Alternatively, if you don't feel "disassociated", talk about your own positive experience and how despite being overseas, you still feel a strong connection to Singapore, and why that is so.
Your articles should refer to some personal examples that highlight how long you have lived in which country, and what you are/were doing there, for color.
It should also discuss some area of national policy, existing or lack thereof, that is pertinent to this topic. For example, the recently established Overseas Singaporeans Network by the government - will it work to foster more loyalty to the country? Why and why not? Have you heard of it, are you a member of it? How can national policy work better to include and round up Singaporeans who are overseas?
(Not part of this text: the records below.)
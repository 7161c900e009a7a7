-- ===== src/Shell/Commands.antt =====
-- The commands of app/shell.rs return.
use gravity_kvstore.Prelude.{
  ◌+◌, ◌==◌, ◌<◌, ◌≡◌, ◌≢◌, refl, sym, subst, Bool, true, false, not, ◌&&◌, if-both, Text, Bytes,
  bytes_beq, Option, none, some, List, [], ◌∷◌, Outcome, ok, err, panic, arith, continue, length,
  u64_mod, ascii, Outcome-cases, Option-cases, inl, inr,
}
use gravity_kvstore.Types.{
  UnsignedTransaction, set_kv, Transaction, TransactionReceipt, TransactionWithAccount,
}
use gravity_kvstore.Types.Deps.{Deps, HexLaws, KeccakLaws, BincodeLaws, SecpLaws, ResultLaws}
use gravity_kvstore.Types.Convert.{sequence_number}
use gravity_kvstore.Crypto.{KeyPair, public_key_to_address, sign_transaction}
use gravity_kvstore.Crypto.Signing.{sign_transaction-ok, signature_bytes}
use gravity_kvstore.State.{State}
use gravity_kvstore.Storage.{Storage, StorageError}
use gravity_kvstore.Mempool.{add_raw_txn}
use gravity_kvstore.Mempool.Holds.{add_raw_txn-Holds}
use gravity_kvstore.Server.Submit.{account_of, raw_txn_key-address}
use gravity_kvstore.Shell.{
  Shell, Line, transaction_sent, say, nonce_or_zero, copy_hash, receipt_line, send_set,
  handle_user_command, handle_set_command, handle_get_command, handle_query_txn_command,
  handle_command,
}
use gravity_kvstore.Shell.Keeps.{HasNonces, IsReady}
use gravity_kvstore.Shell.Words.{words_of}
use gravity_kvstore.Shell.Loop.{Event, read, Output, End, panicked}

-- Decoding fails, or gives 32 bytes.
abbrev pub fits_hash : Outcome Text Bytes → Bool
fits_hash (ok bytes) = length bytes == 32
fits_hash (err e) = true
fits_hash panic = false

module _ (d : Deps) where
  -- The words are not those of a query with a hash of another length.
  abbrev pub IsAnswerable : List Text → Type 0
  IsAnswerable (name ∷ hash ∷ rest) =
      (bytes_beq name (ascii "query_txn") && not (fits_hash (d.hex_decode hash))) ≡ false
  IsAnswerable _ = Unit

  -- A line goes into the history, and its query is answerable.
  abbrev pub IsHarmless : Event → Type 0
  IsHarmless (read line added) = (added ≡ ok tt) × IsAnswerable (words_of line)
  IsHarmless _ = Unit

  module _ {S : Type 0} where
    -- A command that returns.
    abbrev pub Returns : Outcome (Unit {0}) (List Line) × Shell d S → Type 0
    Returns (ok lines, shell) = Unit
    Returns (err e, shell) = ⊥
    Returns (panic, shell) = ⊥

    -- A part of the loop that does not panic, with the shell ready.
    abbrev pub Survives : State → S → List Output × End × Shell d S → Type 0
    Survives s store (out, end, shell) = (end ≢ panicked) × IsReady d s store shell

module _ (d : Deps) (results : ResultLaws d) {S : Type 0} (storage : Storage S) (s : State)
    (store : S) where
  handle_user_command-Returns :
      (args : List Text) (shell : Shell d S) → Returns d (handle_user_command d args shell)
  unfolding handle_user_command
  handle_user_command-Returns [] shell = tt
  handle_user_command-Returns (name ∷ []) shell = tt
  handle_user_command-Returns (name ∷ hash ∷ rest) shell =
      elim (Outcome-cases (d.hex_decode hash)) [
        | inl (bytes, e) ↦ elim (Outcome-cases (d.secret_key_from_slice bytes)) [
          | inl (key, e') ↦ rw (e, e', handle_user_command) tt
          | inr (inl (e'', e')) ↦ rw (e, e', handle_user_command) tt
          | inr (inr e') ↦ absurd (results.secret_key-returns bytes e')
        ]
        | inr (inl (e', e)) ↦ rw (e, handle_user_command) tt
        | inr (inr e) ↦ absurd (results.hex_decode-returns hash e)
      ]

  handle_get_command-Returns :
      (args : List Text) (shell : Shell d S) → Returns d (handle_get_command d args shell)
  unfolding handle_get_command
  handle_get_command-Returns [] shell = tt
  handle_get_command-Returns (name ∷ []) shell = tt
  handle_get_command-Returns (name ∷ key ∷ rest) shell = elim (Option-cases shell.keypair) [
    | inl e ↦ rw (e, handle_get_command) tt
    | inr (pair, e) ↦ rw (e, handle_get_command) tt
  ]

  receipt_line-Returns :
      (found : Outcome StorageError (Option TransactionReceipt)) (shell : Shell d S)
      → found ≢ panic
      → Returns d (continue (receipt_line found, shell) (say d))
  receipt_line-Returns (ok (some receipt)) shell returns = tt
  receipt_line-Returns (ok none) shell returns = tt
  receipt_line-Returns (err e) shell returns = tt
  receipt_line-Returns panic shell returns = absurd (returns refl)

  module _ (stored : (hash : Bytes) → storage.get_transaction_receipt hash store ≢ panic) where
    handle_query_txn_command-Returns :
        (name : Text) (args : List Text) (shell : Shell d S)
        → IsAnswerable d (name ∷ args)
        → bytes_beq name (ascii "query_txn") ≡ true
        → IsReady d s store shell
        → Returns d (handle_query_txn_command d storage (name ∷ args) shell)
    unfolding handle_query_txn_command copy_hash
    handle_query_txn_command-Returns name [] shell fits is h = tt
    handle_query_txn_command-Returns name (hash ∷ rest) shell fits is h =
        elim (Outcome-cases (d.hex_decode hash)) [
          | inl (bytes, e) ↦
              let copied : copy_hash bytes ≡ ok bytes = ground arith in
              let asked = storage.get_transaction_receipt bytes shell.context.store in
              let run : handle_query_txn_command d storage (name ∷ hash ∷ rest) shell
                  ≡ continue (receipt_line asked, shell) (say d) =
                ground arith in
              subst (Returns d) (sym run) (
                receipt_line-Returns asked shell (
                  subst (λ q. storage.get_transaction_receipt bytes q ≢ panic) (sym h.1)
                    (stored bytes)))
          | inr (inl (e', e)) ↦ rw (e, handle_query_txn_command) tt
          | inr (inr e) ↦ absurd (results.hex_decode-returns hash e)
        ]

  module _ (hex : HexLaws d) (sha : KeccakLaws d) (bincode : BincodeLaws d) (secp : SecpLaws d)
      (nonces : HasNonces s) where
    send_set-Returns :
        (key new : Text) (pair : KeyPair d) (shell : Shell d S)
        → IsReady d s store shell
        → Returns d (send_set d key new pair shell)
    unfolding send_set sequence_number
    send_set-Returns key new pair shell (same, kept, w) =
        let a = public_key_to_address d pair.public_key in
        let unsigned : UnsignedTransaction = record {
          nonce = nonce_or_zero a shell.context.state;
          kind = set_kv key new;
        } in
        let fits : nonce_or_zero a shell.context.state + 1 < u64_mod = rw same (nonces a) in
        let signature : Text =
          d.hex_encode (signature_bytes d hex sha bincode secp unsigned pair.secret_key) in
        let signed : sign_transaction d {E = Unit {0}} unsigned pair.secret_key ≡ ok signature =
          sign_transaction-ok d hex sha bincode secp unsigned pair.secret_key in
        let txn : Transaction = record { unsigned = unsigned; signature = signature } in
        let t : TransactionWithAccount = record { txn = txn; address = a } in
        let (sent, _) =
          add_raw_txn-Holds d (Unit {0}) t shell.context.mempool
            (account_of d hex sha bincode pair.public_key) (d.keccak (bincode.encoded unsigned)) w
            fits (raw_txn_key-address d hex sha bincode (Unit {0}) pair.public_key txn) in
        let pool = (add_raw_txn d {E = Unit {0}} t shell.context.mempool).1 in
        let run : send_set d key new pair shell
            ≡ say d (transaction_sent (d.hex_encode (d.keccak (bincode.encoded unsigned))))
                (record shell { context = record (shell.context) { mempool = pool } }) =
          ground arith in
        subst (Returns d) (sym run) tt

    handle_set_command-Returns :
        (args : List Text) (shell : Shell d S)
        → IsReady d s store shell
        → Returns d (handle_set_command d args shell)
    unfolding handle_set_command
    handle_set_command-Returns [] shell h = tt
    handle_set_command-Returns (name ∷ []) shell h = tt
    handle_set_command-Returns (name ∷ key ∷ []) shell h = tt
    handle_set_command-Returns (name ∷ key ∷ new ∷ rest) shell h =
        elim (Option-cases shell.keypair) [
          | inl e ↦ rw (e, handle_set_command) tt
          | inr (pair, e) ↦ rw (e, handle_set_command) (send_set-Returns key new pair shell h)
        ]

    module _ (stored : (hash : Bytes) → storage.get_transaction_receipt hash store ≢ panic) where
      pub handle_command-Returns :
          (name : Text) (args : List Text) (shell : Shell d S)
          → IsAnswerable d (name ∷ args)
          → IsReady d s store shell
          → Returns d (handle_command d storage (name ∷ args) shell)
      unfolding handle_command
      handle_command-Returns name args shell fits h =
          let words = name ∷ args in
          let P = Returns d in
          if-both P (bytes_beq name (ascii "user")) (λ _. handle_user_command-Returns words shell)
            (if-both P (bytes_beq name (ascii "set"))
              (λ _. handle_set_command-Returns words shell h)
              (if-both P (bytes_beq name (ascii "get"))
                (λ _. handle_get_command-Returns words shell)
                (if-both P (bytes_beq name (ascii "query_txn"))
                  (λ is. handle_query_txn_command-Returns stored name args shell fits is h)
                  (if-both P (bytes_beq name (ascii "help")) (λ _. tt)
                    (if-both P (bytes_beq name (ascii "?")) (λ _. tt)
                      (if-both P (bytes_beq name (ascii "exit")) (λ _. tt) tt))))))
We will be selected five articles for print on Feb 05. The writers whose articles are chosen will be paid per Youthink regular rates. Please include at the bottom of your article your full name, age, affliation (school, company), and contact information.
Readers like to read articles that offer a fresh perspective on tried-and-true discussion topics. So we will select for variety as well as excellence in writing. If you think you have a unique and thoughtful take on this subject, please write to me at yen.feng@gmail.com with a short summary on what your article will include, and I will contact you individually for follow up.
We are trying to work a week in advance, so the deadline for your articles is this Friday, Jan 26. As such, your summaries should reach me no later than this Wed, Jan 24.
Thank you!
Yen Feng "
You would think a journalist would take care not to make mistakes when writing.
This is an interesting article about cosmopolitanism and parochialism in film. We just watched Letters from Iwo Jima, and while I enjoyed it tremendously, it was ultimately an American film, with American sensibilities, starring Japanese people speaking in Japanese (though what can you expect from Clint Eastwood right?).